Difference between median and mean depend on skew of the histogram
Mode
The most frequent observation
Useful for qualitative data
- “Which credit card is most commonly used by our customers?”
Not as useful for quantitative data
“What’s the most common weight of cattle on our research farms?”

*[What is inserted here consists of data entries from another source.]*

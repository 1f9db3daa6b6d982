-- ===== src/Store/Paths/Tests.antt =====
-- Bucket directories under a data root.
use noctaxris_gcp.Base.{
  String, true, ◌≡◌, refl, List, [], ◌∷◌, ◌++◌, Result, ok, err, message, split_on, has_prefix,
  contains, trim_space, to_lower, All,
}
use noctaxris_gcp.Store.Paths.Filepath.{
  clean, clean_segments, clean_loop, clean_step, popped, join, join_slash, is_abs, abs, rel, apart,
  way, ups,
}
use noctaxris_gcp.Store.Paths.Buckets.{
  err_invalid_gcs_bucket_name, validate_gcs_bucket_name, gcs_bucket_name_pattern, check_elements,
  related, join_under_root, gcs_bucket_dir, ensure_under_gcs_root,
}
use noctaxris_gcp.Store.Paths.Segments.{Good, render}
use noctaxris_gcp.Store.Paths.Under.{join_under_root_inside}

abbrev home : Result String
home = ok "/home/lab"

names :
    (validate_gcs_bucket_name " my-bucket.1 " ≡ ok tt)
    × (validate_gcs_bucket_name "My-bucket" ≡ err err_invalid_gcs_bucket_name)
    × (validate_gcs_bucket_name "a..b" ≡ err err_invalid_gcs_bucket_name)
    × (validate_gcs_bucket_name "ab" ≡ err err_invalid_gcs_bucket_name)
    × (validate_gcs_bucket_name "bucket-" ≡ err err_invalid_gcs_bucket_name)
unfolding validate_gcs_bucket_name gcs_bucket_name_pattern has_prefix contains trim_space to_lower
names = (refl, refl, refl, refl, refl)

bucket_dir : gcs_bucket_dir home "data" "my-bucket" ≡ ok "/home/lab/data/gcs/my-bucket"
unfolding gcs_bucket_dir validate_gcs_bucket_name gcs_bucket_name_pattern join_under_root
    check_elements related abs rel apart way ups join join_slash clean clean_segments clean_loop
    clean_step popped split_on has_prefix contains trim_space to_lower
bucket_dir = refl

joined : join_under_root home " /srv/./data " ("gcs" ∷ "" ∷ "b/./o" ∷ []) ≡ ok "/srv/data/gcs/b/o"
unfolding join_under_root check_elements related abs rel apart way ups join join_slash clean
    clean_segments clean_loop clean_step popped split_on has_prefix contains trim_space
joined = refl

escaped :
    (join_under_root home "data" ("gcs" ∷ "../x" ∷ []) ≡ err (message "path escapes root"))
    × (join_under_root home "data" ("/etc" ∷ [])
        ≡ err (message "absolute path segment not allowed"))
    × (ensure_under_gcs_root home "data" "data/gcs/../secret"
        ≡ err (message "path escapes gcs root"))
unfolding join_under_root ensure_under_gcs_root check_elements related abs rel apart way ups join
    join_slash clean clean_segments clean_loop clean_step popped split_on has_prefix contains
    trim_space
escaped = (refl, refl, refl)

home_rooted : (wd : String) → home ≡ ok wd → is_abs wd ≡ true
home_rooted wd h = let same : "/home/lab" ≡ wd = cc in rw (← same) (unfold has_prefix in refl)

join_under_root_inside_example :
    (base : List String) × (rest : List String) × All Good base
    × All Good rest
    × (abs home (trim_space " /srv/./data ") ≡ ok (render base))
    × ("/srv/data/gcs/b/o" ≡ render (base ++ rest))
join_under_root_inside_example =
    join_under_root_inside home " /srv/./data " ("gcs" ∷ "" ∷ "b/./o" ∷ []) "/srv/data/gcs/b/o"
      home_rooted joined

Why isn’t this a helpful metric?
A data set can have any number of modes (0,1,2,…)
7 | 3 | 12 | 3 | 5 |
The most frequently observed value in this data set is \(3\)
- So the mode is \(3\)
The below data set displays a sample of \(n=7\) observations:
2 | 1 | 3 | 4 | 3 | 5 | 4 |
Find the mean, round to two decimal places if necessary:
Find the median, round to two decimal places if necessary:
Find the mode(s):
A group of restaurants reported in a recent year that the mean price for their dinner was \(\$18\), and the median was \(\$22\). If a histogram was constructed for the price of dinner at the group of restaurants, would you expect it to be skewed to the right, skewed to the left, or approximately symmetric?